El ensayo de Lakoff tiene enorme actualidad en momentos de fake news y manipulaciones mediáticas. Todas las personas actúan en función de marcos mentales que conforman su modo de ver el mundo. Estos marcos forman parte de lo que los científicos cognitivos llaman el “inconsciente cognitivo”, es decir estructuras del cerebro a las que no podemos acceder conscientemente, que se han formado durante la niñez y la adolescencia. Según su hipótesis, tanto las políticas conservadoras como las progresistas se fundan en visiones diferentes de la moral familiar que luego se extienden a la política y a otros ámbitos. La familia conservadora se estructura en torno a la imagen de un padre estricto que cree en la necesidad y el valor de la autoridad y que considera que para triunfar en un mundo competitivo es necesario ser fuerte y disciplinado (origen también de tantas rebeldías juveniles). Por tanto estos marcos determinan nuestro modo de razonar y lo que se entiende por sentido común y son activados mediante el uso de las palabras o las metáforas.
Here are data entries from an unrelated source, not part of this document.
-- ===== src/Dtls/Path/Change.antt =====
-- When the peer's address changes.
use socat.Dtls.Path.Peer.{tick_probe-peer, observe-peer, respond-peer, start_basic-peer}
use socat.Dtls.Record.{content_rrc, RecordNumber}
use socat.Dtls.Protection.{same}
use socat.Dtls.Error.{Result, Error}
use socat.Dtls.Path.Receive.{
  tick, on_event, expected_path, passes, arrives, after_observe, PathEvent, receive, check_answer,
  answered, finish_probe,
}
use socat.Dtls.Path.{
  path_challenge, path_drop, same_path, observe_newest, validate_old, observe, path_response,
  validate_candidate, Sent, PathState, PathProbe, is_candidate_phase, PathPhase, PacketPath,
}
use socat.Prelude.{
  ◌∙◌, ==_iff, sym, ◌||◌, ltb, not, inr, inl, none, false, arith, length, ◌≤◌, ◌==◌, Bool-cases,
  ◌<◌, drop, refl, get_or, Option, ◌⊎◌, true, some, ◌≡◌, List, Bytes, Bool, ℕ,
}

-- A record from `from` ended the validation of the candidate: it answers the challenge that is
-- outstanding, in time, from the candidate and with the cookie, and the candidate is the peer now.
pub record Validated (from : PacketPath) (body : Bytes) (now : ℕ) (p p' : PathState) : Type 0 where
  pub probe : PathProbe
  pub held : p.probe ≡ some probe
  pub last_phase : probe.phase ≡ validate_candidate
  pub response : get_or body 0 0 ≡ path_response
  pub cookie_matches : same (drop 1 body) probe.cookie ≡ true
  pub in_time : now < probe.deadline
  pub from_candidate : same_path from probe.candidate ≡ true
  pub new_peer : p'.peer ≡ probe.candidate
  pub new_cid : p'.session.peer_cid ≡ probe.cid
  pub closed : p'.probe ≡ none

candidate_phase : (f : PathPhase) → is_candidate_phase f ≡ true → f ≡ validate_candidate
candidate_phase validate_old h = cc
candidate_phase validate_candidate h = refl

-- The peer is as before, or a candidate was validated.
abbrev pub PeerStep : PacketPath → Bytes → ℕ → PathState → PathState → Type 0
PeerStep from body now p p' = (p'.peer ≡ p.peer) ⊎ Validated from body now p p'

finish_probe-PeerStep :
    (b : PathProbe) (from : PacketPath) (body : Bytes) (now : ℕ) (p : PathState)
    → p.probe ≡ some b
    → get_or body 0 0 ≡ path_response
    → same (drop 1 body) b.cookie ≡ true
    → now < b.deadline
    → same_path from (expected_path b p) ≡ true
    → PeerStep from body now p (finish_probe b p)
unfolding finish_probe
finish_probe-PeerStep b from body now p held response cookie time path =
    elim (Bool-cases (is_candidate_phase b.phase)) [
      | inl e ↦
          let to_candidate : same_path from b.candidate ≡ true = rw e at path in
          rw e (
            inr record {
              probe = b;
              held = held;
              last_phase = candidate_phase b.phase e;
              response = response;
              cookie_matches = cookie;
              in_time = time;
              from_candidate = to_candidate;
              new_peer = refl;
              new_cid = refl;
              closed = refl;
            })
      | inr e ↦ rw e (inl refl)
    ]

Validated-probe :
    {from : PacketPath} {body : Bytes} {now : ℕ} {p q p' : PathState}
    → q.probe ≡ p.probe
    → Validated from body now q p'
    → Validated from body now p p'
Validated-probe same_probe v = record {
  probe = v.probe;
  held = sym same_probe ∙ v.held;
  last_phase = v.last_phase;
  response = v.response;
  cookie_matches = v.cookie_matches;
  in_time = v.in_time;
  from_candidate = v.from_candidate;
  new_peer = v.new_peer;
  new_cid = v.new_cid;
  closed = v.closed;
}

module _ (allow : ℕ → Bool) (answer : List Sent → Option Error) where
  answered-peer :
      (b : PathProbe) (typ now : ℕ) (random : Result Bytes) (p : PathState)
      → (typ == path_drop) ≡ true
      → (answered allow answer b typ now random p).1.peer ≡ p.peer
  unfolding answered
  answered-peer b typ now random p e =
      let basic = start_basic-peer allow answer b now random p in ground arith

  check_answer-PeerStep :
      (o : Option PathProbe) (from : PacketPath) (body : Bytes) (now : ℕ) (random : Result Bytes)
      (p : PathState)
      → p.probe ≡ o
      → 0 < get_or body 0 0
      → get_or body 0 0 ≤ path_drop
      → PeerStep from body now p (check_answer allow answer o from body now random p).1
  unfolding check_answer
  check_answer-PeerStep none from body now random p h low high = inl refl
  check_answer-PeerStep (some b) from body now random p h low high =
      let refused =
        not (same (drop 1 body) b.cookie)
        || (not (ltb now b.deadline) || not (same_path from (expected_path b p))) in
      elim (Bool-cases refused) [
        | inl e ↦ rw e (inl refl)
        | inr e ↦ elim (Bool-cases (get_or body 0 0 == path_drop)) [
          | inl d ↦ rw e (inl (answered-peer b (get_or body 0 0) now random p d))
          | inr d ↦
              let response : get_or body 0 0 ≡ path_response = ground arith in
              let cookie : same (drop 1 body) b.cookie ≡ true = ground arith in
              let time : now < b.deadline = ground arith in
              let path : same_path from (expected_path b p) ≡ true = ground arith in
              rw e (
                unfold answered in
                rw d (finish_probe-PeerStep b from body now p h response cookie time path))
        ]
      ]

  receive-PeerStep :
      (from : PacketPath) (body : Bytes) (size now : ℕ) (random : Result Bytes) (p : PathState)
      → PeerStep from body now p (receive allow answer from body size now random p).1
  unfolding receive
  receive-PeerStep from body size now random p = elim (Bool-cases (length body == 0)) [
    | inl e ↦ rw e (inl refl)
    | inr e ↦ elim (Bool-cases (ltb path_drop (get_or body 0 0))) [
      | inl f ↦ rw e (rw f (inl refl))
      | inr f ↦ elim (Bool-cases (length body == 9)) [
        | inr g ↦ rw e (rw f (rw g (inl refl)))
        | inl g ↦ elim (Bool-cases (get_or body 0 0 == path_challenge)) [
          | inl c ↦ rw e (rw f (rw g (rw c (inl (respond-peer allow answer from body size p)))))
          | inr c ↦
              let low : 0 < get_or body 0 0 = ground arith in
              let high : get_or body 0 0 ≤ path_drop = ground arith in
              let checked = check_answer-PeerStep p.probe from body now random p refl low high in
              rw e (rw f (rw g (rw c checked)))
        ]
      ]
    ]
  ]

  observe-keeps :
      (from : PacketPath) (number : RecordNumber) (typ size now : ℕ) (random : Result Bytes)
      (p : PathState)
      → (typ == content_rrc) ≡ true
      → (observe allow answer from number typ size now random p).1.probe ≡ p.probe
  unfolding observe observe_newest
  observe-keeps from number typ size now random p e = ground arith

  -- The same for an event.
  abbrev pub EventStep : PathEvent → PathState → PathState → Type 0
  EventStep (arrives from number typ body size now random random') p p' =
      (p'.peer ≡ p.peer) ⊎ ((typ ≡ content_rrc) × Validated from body now p p')
  EventStep (passes now random) p p' = p'.peer ≡ p.peer

  after_observe-EventStep :
      (from : PacketPath) (epoch typ : ℕ) (body : Bytes) (size now : ℕ) (random : Result Bytes)
      (r : Option Error × PathState) (p : PathState)
      → r.1.peer ≡ p.peer
      → ((typ == content_rrc) ≡ false) ⊎ (r.1.probe ≡ p.probe)
      → (let p' = (after_observe allow answer from epoch typ body size now random r).1 in
          (p'.peer ≡ p.peer) ⊎ ((typ ≡ content_rrc) × Validated from body now p p'))
  unfolding after_observe
  after_observe-EventStep from epoch typ body size now random (some e, q) p same_peer kept =
      inl same_peer
  after_observe-EventStep from epoch typ body size now random (none, q) p same_peer kept =
      elim (Bool-cases (typ == content_rrc)) [
        | inr e ↦ rw e (inl same_peer)
        | inl e ↦
            let rrc : typ ≡ content_rrc = (==_iff typ content_rrc).0 e in
            let held : q.probe ≡ p.probe = elim kept [ inl n ↦ absurd (cc (e, n)) | inr k ↦ k ] in
            elim (Bool-cases (ltb epoch 3)) [
              | inl f ↦ rw e (rw f (inl same_peer))
              | inr f ↦ rw e (
                  rw f (elim (receive-PeerStep from body size now random q) [
                    | inl s ↦ inl (s ∙ same_peer)
                    | inr v ↦ inr (rrc, Validated-probe held v)
                  ]))
            ]
      ]

  -- The peer's address changes in one way only: a record of the path protocol that answers the
  -- outstanding challenge to the candidate, from the candidate, in time and with its cookie, makes
  -- the candidate the peer. Any other event leaves it as it is.
  pub on_event-EventStep :
      (e : PathEvent) (p : PathState) → EventStep e p (on_event allow answer e p).1
  unfolding on_event tick
  on_event-EventStep (arrives from number typ body size now random random') p =
      let seen_first = observe allow answer from number typ size now random p in
      let kept : ((typ == content_rrc) ≡ false) ⊎ (seen_first.1.probe ≡ p.probe) =
        elim (Bool-cases (typ == content_rrc)) [
          | inl e ↦ inr (observe-keeps from number typ size now random p e)
          | inr e ↦ inl e
        ] in
      after_observe-EventStep from number.epoch typ body size now random' seen_first p
        (observe-peer allow answer from number typ size now random p) kept
  on_event-EventStep (passes now random) p = tick_probe-peer allow answer p.probe now random p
Cuando se oye una palabra se activa en el cerebro un marco o una colección de marcos. La manipulación consiste en el intento de conseguir que la gente haga suyo un marco que no es verdadero y que se sabe que no es verdad con el propósito de obtener una ventaja política. De modo que hay que librar una lucha constante por conseguir un re-enmarcado que no sea producto de la tergiversación ni de la propaganda. Para ello hay que aprender a comunicar utilizando marcos en los que se cree y que expresan nuestras concepciones morales. Los marcos engañosos a la larga se vuelven en contra de quienes los utilizan. La batalla contra las noticias falsas y las campañas de desinformación debe librarse también desde la ética. Aunque al final siempre tropezaremos con la paradoja del esencialismo: hay dos clases de personas, las que creen que hay dos clases de personas en el mundo y las que no.